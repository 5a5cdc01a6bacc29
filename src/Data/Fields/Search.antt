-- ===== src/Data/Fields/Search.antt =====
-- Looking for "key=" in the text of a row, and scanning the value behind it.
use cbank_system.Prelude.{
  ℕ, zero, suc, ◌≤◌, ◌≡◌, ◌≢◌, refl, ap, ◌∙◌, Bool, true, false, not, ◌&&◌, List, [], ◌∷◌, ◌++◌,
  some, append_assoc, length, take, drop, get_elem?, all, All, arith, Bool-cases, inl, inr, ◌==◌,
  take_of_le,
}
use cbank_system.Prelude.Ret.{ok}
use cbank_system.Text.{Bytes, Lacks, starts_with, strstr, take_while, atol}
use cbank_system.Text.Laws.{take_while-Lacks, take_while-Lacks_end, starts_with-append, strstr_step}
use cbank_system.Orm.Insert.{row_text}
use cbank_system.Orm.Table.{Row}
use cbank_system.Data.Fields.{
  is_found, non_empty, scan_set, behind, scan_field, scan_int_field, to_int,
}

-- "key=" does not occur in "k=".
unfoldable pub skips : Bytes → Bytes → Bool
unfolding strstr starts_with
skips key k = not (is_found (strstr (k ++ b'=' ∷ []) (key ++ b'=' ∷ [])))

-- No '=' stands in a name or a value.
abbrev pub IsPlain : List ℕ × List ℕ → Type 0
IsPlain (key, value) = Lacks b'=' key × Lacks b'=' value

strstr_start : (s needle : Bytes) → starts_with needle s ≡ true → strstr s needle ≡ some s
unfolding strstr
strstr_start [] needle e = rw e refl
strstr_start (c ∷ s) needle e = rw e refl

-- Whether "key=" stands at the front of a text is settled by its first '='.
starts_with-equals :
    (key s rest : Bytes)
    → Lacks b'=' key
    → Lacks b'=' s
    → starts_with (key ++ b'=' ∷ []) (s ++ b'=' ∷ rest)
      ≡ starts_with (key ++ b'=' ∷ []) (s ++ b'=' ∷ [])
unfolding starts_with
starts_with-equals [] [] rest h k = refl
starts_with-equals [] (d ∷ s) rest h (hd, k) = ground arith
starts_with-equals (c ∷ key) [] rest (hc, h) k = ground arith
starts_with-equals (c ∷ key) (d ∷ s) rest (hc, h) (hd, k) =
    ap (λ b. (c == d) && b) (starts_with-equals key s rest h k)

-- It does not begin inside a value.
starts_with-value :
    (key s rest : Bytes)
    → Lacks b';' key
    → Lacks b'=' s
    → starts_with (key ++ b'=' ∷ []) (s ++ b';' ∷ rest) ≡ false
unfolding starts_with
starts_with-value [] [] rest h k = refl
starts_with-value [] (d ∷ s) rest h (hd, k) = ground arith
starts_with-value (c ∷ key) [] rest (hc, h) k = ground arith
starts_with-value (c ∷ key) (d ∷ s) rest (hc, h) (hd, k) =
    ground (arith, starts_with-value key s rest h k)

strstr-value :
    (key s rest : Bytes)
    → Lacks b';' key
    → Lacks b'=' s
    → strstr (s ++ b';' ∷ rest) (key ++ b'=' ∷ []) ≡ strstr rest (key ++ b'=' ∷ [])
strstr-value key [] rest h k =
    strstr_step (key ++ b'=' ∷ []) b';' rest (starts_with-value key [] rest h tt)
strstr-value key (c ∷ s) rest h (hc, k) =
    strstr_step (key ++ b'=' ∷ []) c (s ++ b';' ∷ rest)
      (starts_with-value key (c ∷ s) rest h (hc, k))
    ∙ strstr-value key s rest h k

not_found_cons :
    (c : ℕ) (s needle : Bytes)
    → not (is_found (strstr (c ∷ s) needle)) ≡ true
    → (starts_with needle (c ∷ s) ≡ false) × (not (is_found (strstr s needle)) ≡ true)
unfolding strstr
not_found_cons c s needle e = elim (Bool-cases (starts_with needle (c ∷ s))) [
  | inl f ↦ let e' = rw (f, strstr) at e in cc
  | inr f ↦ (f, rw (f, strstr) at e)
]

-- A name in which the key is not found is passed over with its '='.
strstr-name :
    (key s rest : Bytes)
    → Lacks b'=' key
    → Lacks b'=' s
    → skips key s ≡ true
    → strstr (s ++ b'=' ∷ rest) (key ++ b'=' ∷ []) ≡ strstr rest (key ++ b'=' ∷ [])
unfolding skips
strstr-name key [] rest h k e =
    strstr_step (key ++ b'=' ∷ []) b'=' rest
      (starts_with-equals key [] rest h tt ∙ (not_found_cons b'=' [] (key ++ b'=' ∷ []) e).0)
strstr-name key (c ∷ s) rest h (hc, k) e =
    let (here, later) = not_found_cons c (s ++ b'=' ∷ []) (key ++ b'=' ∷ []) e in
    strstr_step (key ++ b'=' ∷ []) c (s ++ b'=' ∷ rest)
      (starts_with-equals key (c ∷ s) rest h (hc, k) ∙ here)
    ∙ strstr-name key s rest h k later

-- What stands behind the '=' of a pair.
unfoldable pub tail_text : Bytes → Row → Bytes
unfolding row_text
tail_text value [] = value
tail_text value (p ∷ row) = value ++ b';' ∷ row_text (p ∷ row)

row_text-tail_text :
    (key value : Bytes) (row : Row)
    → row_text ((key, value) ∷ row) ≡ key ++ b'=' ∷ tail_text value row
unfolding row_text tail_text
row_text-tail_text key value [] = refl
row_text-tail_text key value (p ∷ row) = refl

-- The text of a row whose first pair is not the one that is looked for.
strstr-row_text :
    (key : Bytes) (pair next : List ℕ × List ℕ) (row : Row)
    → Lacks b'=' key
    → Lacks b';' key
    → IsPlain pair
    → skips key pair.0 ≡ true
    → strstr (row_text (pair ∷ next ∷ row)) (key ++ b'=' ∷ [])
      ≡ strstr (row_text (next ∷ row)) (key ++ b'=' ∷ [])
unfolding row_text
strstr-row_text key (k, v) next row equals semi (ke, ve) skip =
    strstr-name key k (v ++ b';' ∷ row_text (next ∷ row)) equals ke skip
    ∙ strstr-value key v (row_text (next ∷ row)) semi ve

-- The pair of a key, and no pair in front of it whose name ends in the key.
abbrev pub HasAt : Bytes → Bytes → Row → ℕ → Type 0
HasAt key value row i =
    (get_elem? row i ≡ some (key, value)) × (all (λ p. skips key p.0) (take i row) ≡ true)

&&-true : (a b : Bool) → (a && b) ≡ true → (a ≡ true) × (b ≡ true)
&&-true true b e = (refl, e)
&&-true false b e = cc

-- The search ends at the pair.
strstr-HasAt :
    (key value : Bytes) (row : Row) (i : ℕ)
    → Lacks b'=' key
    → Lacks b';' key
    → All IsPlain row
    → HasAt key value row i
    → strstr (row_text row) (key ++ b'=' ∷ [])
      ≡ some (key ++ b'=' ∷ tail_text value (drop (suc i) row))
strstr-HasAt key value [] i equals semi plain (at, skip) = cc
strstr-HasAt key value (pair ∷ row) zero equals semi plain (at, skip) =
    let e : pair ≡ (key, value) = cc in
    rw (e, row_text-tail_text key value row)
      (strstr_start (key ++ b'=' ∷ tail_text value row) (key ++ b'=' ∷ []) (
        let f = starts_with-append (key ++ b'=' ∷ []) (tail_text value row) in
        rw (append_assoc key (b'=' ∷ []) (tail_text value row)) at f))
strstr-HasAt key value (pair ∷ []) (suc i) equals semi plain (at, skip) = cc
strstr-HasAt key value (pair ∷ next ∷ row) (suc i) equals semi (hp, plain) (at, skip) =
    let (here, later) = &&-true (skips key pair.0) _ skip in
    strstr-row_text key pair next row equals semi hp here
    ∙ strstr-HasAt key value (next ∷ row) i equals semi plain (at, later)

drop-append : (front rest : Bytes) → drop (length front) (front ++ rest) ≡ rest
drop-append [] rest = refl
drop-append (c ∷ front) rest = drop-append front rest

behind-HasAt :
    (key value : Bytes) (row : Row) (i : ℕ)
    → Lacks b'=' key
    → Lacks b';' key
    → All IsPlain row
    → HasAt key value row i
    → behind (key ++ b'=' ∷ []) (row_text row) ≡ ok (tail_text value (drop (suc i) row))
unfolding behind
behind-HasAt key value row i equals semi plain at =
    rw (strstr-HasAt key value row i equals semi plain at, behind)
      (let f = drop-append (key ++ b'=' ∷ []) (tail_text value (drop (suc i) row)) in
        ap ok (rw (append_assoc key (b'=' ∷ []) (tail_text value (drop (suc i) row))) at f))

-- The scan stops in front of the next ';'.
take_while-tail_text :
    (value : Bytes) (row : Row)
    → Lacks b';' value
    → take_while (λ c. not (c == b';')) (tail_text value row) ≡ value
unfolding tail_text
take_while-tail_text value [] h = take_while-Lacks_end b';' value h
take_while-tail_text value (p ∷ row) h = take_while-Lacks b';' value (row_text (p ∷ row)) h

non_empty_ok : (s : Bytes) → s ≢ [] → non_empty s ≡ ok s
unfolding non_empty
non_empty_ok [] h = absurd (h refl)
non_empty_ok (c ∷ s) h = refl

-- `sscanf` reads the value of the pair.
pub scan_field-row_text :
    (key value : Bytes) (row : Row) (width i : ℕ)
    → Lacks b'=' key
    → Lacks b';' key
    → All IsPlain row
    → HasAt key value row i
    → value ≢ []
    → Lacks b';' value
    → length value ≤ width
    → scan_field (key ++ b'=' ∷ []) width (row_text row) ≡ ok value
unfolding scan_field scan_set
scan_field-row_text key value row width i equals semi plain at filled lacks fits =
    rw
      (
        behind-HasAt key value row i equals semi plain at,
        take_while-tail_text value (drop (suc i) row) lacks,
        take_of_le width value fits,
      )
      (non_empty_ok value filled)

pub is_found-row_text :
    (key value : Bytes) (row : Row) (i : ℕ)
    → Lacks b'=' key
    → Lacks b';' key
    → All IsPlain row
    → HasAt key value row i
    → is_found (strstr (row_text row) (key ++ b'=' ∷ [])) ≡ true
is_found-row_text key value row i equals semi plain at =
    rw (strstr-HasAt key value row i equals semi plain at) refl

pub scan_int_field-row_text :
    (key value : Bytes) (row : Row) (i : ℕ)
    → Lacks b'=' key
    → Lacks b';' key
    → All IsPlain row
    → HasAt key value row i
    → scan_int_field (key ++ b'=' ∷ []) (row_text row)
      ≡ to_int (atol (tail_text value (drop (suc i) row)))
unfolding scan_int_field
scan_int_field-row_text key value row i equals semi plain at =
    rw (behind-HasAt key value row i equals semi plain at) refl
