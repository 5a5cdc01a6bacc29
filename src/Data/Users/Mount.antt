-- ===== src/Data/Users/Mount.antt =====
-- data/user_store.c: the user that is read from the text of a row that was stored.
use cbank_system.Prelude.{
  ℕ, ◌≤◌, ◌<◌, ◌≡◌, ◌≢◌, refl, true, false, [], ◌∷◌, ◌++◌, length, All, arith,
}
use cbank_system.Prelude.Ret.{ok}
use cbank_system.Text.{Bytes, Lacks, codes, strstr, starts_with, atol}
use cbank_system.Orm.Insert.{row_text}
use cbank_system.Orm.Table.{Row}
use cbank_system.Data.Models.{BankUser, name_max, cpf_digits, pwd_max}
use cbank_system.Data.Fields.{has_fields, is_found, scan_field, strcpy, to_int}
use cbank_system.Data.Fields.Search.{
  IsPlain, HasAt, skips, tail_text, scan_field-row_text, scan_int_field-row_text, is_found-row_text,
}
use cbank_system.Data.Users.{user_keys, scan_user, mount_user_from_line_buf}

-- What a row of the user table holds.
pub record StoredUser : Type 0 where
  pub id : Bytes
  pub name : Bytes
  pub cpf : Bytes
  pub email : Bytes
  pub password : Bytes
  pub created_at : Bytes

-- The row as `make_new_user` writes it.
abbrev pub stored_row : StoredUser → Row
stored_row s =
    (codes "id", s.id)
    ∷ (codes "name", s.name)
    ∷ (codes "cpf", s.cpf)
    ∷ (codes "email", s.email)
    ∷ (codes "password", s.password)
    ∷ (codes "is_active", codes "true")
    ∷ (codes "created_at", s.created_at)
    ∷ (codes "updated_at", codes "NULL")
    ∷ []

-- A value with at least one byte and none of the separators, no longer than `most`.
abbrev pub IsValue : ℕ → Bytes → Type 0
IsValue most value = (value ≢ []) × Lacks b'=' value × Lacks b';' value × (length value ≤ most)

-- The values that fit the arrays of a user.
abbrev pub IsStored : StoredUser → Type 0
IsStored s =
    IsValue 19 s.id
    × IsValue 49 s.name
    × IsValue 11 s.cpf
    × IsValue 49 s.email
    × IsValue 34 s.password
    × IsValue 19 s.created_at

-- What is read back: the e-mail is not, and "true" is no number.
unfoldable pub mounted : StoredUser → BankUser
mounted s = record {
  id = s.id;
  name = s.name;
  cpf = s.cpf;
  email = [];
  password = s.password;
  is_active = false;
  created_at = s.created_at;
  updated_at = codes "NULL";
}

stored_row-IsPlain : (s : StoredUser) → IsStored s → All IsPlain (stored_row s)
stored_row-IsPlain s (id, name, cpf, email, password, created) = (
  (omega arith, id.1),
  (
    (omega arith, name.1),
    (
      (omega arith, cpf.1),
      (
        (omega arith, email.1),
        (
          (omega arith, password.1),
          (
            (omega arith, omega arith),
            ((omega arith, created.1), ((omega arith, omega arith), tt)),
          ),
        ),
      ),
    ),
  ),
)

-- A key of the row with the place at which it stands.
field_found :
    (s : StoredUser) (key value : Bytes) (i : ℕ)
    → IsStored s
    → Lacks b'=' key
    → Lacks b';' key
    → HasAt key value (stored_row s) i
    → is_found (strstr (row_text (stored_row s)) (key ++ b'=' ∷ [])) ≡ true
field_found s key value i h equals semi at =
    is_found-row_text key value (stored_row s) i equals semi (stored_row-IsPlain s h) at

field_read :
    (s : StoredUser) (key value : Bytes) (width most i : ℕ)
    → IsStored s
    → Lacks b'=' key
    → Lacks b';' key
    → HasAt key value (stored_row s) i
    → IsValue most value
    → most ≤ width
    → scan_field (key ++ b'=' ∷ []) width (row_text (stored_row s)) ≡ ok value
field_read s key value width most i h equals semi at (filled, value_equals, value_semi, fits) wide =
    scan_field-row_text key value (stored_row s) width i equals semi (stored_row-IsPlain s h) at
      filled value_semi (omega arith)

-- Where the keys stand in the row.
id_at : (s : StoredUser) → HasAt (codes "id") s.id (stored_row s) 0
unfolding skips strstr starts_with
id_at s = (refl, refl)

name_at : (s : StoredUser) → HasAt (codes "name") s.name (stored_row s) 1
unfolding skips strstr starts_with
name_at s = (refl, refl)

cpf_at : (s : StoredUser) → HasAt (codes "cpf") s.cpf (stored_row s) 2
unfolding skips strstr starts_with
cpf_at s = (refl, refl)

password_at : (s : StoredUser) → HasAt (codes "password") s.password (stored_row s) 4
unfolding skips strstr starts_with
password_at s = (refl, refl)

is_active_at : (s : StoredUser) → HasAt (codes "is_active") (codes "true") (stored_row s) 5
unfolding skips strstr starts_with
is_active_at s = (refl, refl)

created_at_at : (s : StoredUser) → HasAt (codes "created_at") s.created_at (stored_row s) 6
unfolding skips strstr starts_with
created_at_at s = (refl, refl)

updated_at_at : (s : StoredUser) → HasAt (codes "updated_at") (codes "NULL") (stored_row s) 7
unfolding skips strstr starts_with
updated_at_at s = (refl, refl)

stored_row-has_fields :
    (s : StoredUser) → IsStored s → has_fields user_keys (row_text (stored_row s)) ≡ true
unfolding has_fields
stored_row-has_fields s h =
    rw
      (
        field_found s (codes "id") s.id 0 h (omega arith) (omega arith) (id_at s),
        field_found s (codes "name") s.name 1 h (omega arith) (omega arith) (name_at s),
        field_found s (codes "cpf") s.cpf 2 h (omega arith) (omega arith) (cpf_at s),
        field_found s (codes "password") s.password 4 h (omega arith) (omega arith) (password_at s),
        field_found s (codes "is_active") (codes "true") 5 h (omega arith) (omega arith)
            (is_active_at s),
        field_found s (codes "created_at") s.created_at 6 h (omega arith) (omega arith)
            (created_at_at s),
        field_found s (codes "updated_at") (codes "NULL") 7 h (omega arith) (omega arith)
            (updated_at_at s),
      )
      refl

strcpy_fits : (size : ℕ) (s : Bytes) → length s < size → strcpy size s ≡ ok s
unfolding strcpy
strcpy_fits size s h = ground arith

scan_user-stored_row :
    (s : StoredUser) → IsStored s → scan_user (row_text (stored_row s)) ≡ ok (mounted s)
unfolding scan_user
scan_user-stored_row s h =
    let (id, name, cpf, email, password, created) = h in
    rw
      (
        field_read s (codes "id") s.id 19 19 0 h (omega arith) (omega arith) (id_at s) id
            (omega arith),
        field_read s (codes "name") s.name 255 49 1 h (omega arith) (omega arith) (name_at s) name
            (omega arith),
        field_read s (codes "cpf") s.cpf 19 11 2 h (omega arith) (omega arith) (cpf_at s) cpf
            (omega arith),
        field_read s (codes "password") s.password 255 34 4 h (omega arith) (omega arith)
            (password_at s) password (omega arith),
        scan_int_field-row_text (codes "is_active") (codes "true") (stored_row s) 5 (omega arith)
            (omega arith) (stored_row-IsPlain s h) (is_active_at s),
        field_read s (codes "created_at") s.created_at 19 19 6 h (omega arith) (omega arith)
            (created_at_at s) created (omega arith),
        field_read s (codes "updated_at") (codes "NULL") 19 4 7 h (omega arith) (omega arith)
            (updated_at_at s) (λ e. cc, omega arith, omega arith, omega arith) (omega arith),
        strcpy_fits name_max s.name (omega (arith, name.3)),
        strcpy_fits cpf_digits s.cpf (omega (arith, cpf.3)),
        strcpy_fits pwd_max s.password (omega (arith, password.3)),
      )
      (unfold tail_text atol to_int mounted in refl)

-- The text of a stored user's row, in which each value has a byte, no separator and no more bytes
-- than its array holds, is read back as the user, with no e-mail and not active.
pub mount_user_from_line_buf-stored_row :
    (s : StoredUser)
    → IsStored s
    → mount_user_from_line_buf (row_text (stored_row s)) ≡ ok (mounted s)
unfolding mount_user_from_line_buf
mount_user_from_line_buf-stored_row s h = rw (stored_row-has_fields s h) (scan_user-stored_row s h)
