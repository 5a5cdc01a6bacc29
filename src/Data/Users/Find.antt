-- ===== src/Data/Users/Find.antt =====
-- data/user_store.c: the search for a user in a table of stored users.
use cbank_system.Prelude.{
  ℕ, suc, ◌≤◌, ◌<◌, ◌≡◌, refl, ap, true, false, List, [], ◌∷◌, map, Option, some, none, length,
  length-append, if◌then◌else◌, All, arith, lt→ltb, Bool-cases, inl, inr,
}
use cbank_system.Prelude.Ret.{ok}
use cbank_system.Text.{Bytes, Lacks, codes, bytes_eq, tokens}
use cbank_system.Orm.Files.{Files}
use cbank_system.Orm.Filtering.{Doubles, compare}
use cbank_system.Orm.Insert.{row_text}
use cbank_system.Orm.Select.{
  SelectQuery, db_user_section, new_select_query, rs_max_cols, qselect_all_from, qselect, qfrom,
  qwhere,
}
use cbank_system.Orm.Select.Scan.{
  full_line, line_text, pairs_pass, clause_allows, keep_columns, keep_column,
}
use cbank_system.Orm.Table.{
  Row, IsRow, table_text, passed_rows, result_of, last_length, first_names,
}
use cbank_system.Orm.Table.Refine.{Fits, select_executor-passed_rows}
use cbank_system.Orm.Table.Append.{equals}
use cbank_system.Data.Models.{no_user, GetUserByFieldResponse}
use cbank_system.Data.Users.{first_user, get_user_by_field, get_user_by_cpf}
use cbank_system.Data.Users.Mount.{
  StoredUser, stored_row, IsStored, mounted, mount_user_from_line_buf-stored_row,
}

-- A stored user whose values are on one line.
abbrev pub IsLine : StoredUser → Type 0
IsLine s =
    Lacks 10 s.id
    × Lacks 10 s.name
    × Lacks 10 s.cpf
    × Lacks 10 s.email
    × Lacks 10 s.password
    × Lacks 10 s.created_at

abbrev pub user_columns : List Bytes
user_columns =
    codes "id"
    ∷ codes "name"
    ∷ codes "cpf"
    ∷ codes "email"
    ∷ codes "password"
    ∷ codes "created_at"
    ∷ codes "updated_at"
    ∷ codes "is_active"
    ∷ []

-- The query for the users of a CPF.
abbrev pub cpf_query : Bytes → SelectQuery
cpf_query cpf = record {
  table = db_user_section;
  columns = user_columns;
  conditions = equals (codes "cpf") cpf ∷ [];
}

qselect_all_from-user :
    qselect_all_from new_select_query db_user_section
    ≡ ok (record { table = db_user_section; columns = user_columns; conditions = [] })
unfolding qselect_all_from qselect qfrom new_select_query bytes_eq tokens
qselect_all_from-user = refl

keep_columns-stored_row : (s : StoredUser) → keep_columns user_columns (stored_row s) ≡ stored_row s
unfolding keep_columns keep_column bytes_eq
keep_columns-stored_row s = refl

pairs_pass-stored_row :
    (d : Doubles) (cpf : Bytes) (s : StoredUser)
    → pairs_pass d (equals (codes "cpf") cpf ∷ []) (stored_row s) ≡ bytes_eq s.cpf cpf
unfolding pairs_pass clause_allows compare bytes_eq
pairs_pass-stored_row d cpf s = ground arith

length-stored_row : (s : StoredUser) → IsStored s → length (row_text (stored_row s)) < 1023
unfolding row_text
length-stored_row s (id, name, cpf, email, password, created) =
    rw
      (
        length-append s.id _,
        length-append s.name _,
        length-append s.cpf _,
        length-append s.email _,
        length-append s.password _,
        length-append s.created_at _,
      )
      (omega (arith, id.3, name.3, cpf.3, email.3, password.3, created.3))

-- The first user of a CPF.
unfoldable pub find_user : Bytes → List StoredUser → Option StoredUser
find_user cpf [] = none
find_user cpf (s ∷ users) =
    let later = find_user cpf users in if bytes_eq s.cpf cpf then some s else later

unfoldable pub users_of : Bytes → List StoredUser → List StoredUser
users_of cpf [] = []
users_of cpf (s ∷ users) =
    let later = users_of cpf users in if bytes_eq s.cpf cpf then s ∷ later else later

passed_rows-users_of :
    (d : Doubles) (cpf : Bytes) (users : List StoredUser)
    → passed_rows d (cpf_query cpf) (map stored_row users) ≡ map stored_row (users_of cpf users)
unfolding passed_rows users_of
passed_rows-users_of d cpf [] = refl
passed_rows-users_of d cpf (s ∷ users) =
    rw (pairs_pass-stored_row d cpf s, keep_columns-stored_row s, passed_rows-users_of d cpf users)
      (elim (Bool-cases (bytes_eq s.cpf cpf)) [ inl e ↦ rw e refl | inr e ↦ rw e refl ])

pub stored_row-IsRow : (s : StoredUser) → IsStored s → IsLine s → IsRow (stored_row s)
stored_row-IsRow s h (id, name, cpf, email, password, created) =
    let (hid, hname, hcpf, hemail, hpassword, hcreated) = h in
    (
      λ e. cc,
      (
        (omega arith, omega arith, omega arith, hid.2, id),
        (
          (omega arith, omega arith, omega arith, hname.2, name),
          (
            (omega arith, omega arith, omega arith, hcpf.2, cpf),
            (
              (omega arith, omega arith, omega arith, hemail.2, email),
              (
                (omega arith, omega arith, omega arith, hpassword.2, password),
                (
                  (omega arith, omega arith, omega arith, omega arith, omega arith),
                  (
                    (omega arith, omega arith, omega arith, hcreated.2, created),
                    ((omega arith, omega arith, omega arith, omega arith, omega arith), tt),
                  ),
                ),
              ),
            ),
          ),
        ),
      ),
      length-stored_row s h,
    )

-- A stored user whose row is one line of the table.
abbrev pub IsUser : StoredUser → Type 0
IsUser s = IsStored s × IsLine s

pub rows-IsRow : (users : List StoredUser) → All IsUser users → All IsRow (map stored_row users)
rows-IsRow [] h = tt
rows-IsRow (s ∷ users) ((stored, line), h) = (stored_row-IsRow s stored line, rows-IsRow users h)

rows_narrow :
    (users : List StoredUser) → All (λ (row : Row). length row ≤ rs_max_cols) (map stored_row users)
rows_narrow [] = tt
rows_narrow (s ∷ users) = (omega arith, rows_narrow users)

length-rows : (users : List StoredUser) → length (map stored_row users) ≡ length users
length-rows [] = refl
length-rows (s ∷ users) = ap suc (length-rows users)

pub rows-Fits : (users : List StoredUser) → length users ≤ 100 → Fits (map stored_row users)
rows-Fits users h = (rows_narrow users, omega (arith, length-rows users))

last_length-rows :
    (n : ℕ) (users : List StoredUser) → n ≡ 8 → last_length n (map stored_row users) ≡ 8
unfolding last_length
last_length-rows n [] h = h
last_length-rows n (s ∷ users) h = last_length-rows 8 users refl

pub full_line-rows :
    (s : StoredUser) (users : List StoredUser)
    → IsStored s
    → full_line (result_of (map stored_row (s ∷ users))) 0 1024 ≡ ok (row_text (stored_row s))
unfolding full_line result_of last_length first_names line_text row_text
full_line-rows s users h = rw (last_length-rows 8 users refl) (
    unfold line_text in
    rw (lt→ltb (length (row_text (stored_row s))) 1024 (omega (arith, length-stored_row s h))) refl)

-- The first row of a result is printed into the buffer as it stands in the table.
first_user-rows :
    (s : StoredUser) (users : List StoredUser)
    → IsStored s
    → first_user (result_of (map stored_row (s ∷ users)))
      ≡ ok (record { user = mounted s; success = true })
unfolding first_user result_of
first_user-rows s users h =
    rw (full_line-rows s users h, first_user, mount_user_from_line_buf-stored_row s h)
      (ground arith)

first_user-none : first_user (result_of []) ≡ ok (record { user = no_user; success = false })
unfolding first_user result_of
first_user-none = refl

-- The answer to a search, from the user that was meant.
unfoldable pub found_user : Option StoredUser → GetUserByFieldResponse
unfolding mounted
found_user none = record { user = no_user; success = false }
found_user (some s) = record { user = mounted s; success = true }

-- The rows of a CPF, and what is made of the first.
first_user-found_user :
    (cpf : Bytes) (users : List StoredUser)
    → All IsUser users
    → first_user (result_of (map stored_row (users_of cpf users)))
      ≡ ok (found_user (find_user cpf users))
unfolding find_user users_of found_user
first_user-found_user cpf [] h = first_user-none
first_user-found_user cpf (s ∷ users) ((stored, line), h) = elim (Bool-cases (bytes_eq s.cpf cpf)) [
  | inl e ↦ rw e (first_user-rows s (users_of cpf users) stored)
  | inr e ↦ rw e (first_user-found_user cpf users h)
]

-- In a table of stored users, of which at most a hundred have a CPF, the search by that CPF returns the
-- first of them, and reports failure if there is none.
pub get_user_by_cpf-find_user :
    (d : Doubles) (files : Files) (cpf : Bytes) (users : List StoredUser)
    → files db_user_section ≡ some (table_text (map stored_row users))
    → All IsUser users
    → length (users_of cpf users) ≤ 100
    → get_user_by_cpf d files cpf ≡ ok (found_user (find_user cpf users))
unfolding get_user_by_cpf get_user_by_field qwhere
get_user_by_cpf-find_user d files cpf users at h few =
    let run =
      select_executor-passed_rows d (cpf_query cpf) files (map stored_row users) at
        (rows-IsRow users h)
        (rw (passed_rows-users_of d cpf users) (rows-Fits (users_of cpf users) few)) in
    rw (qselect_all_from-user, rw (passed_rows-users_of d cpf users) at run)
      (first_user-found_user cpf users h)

• **Task item**:
Using the data above, extract exactly the lines from the one that holds "unfoldable pub tail_text" to the one that holds "row_text ((key, value)", both ends included, and no others.

• **Response to the exercise**:
unfoldable pub tail_text : Bytes → Row → Bytes
unfolding row_text
tail_text value [] = value
tail_text value (p ∷ row) = value ++ b';' ∷ row_text (p ∷ row)

row_text-tail_text :
    (key value : Bytes) (row : Row)
    → row_text ((key, value) ∷ row) ≡ key ++ b'=' ∷ tail_text value row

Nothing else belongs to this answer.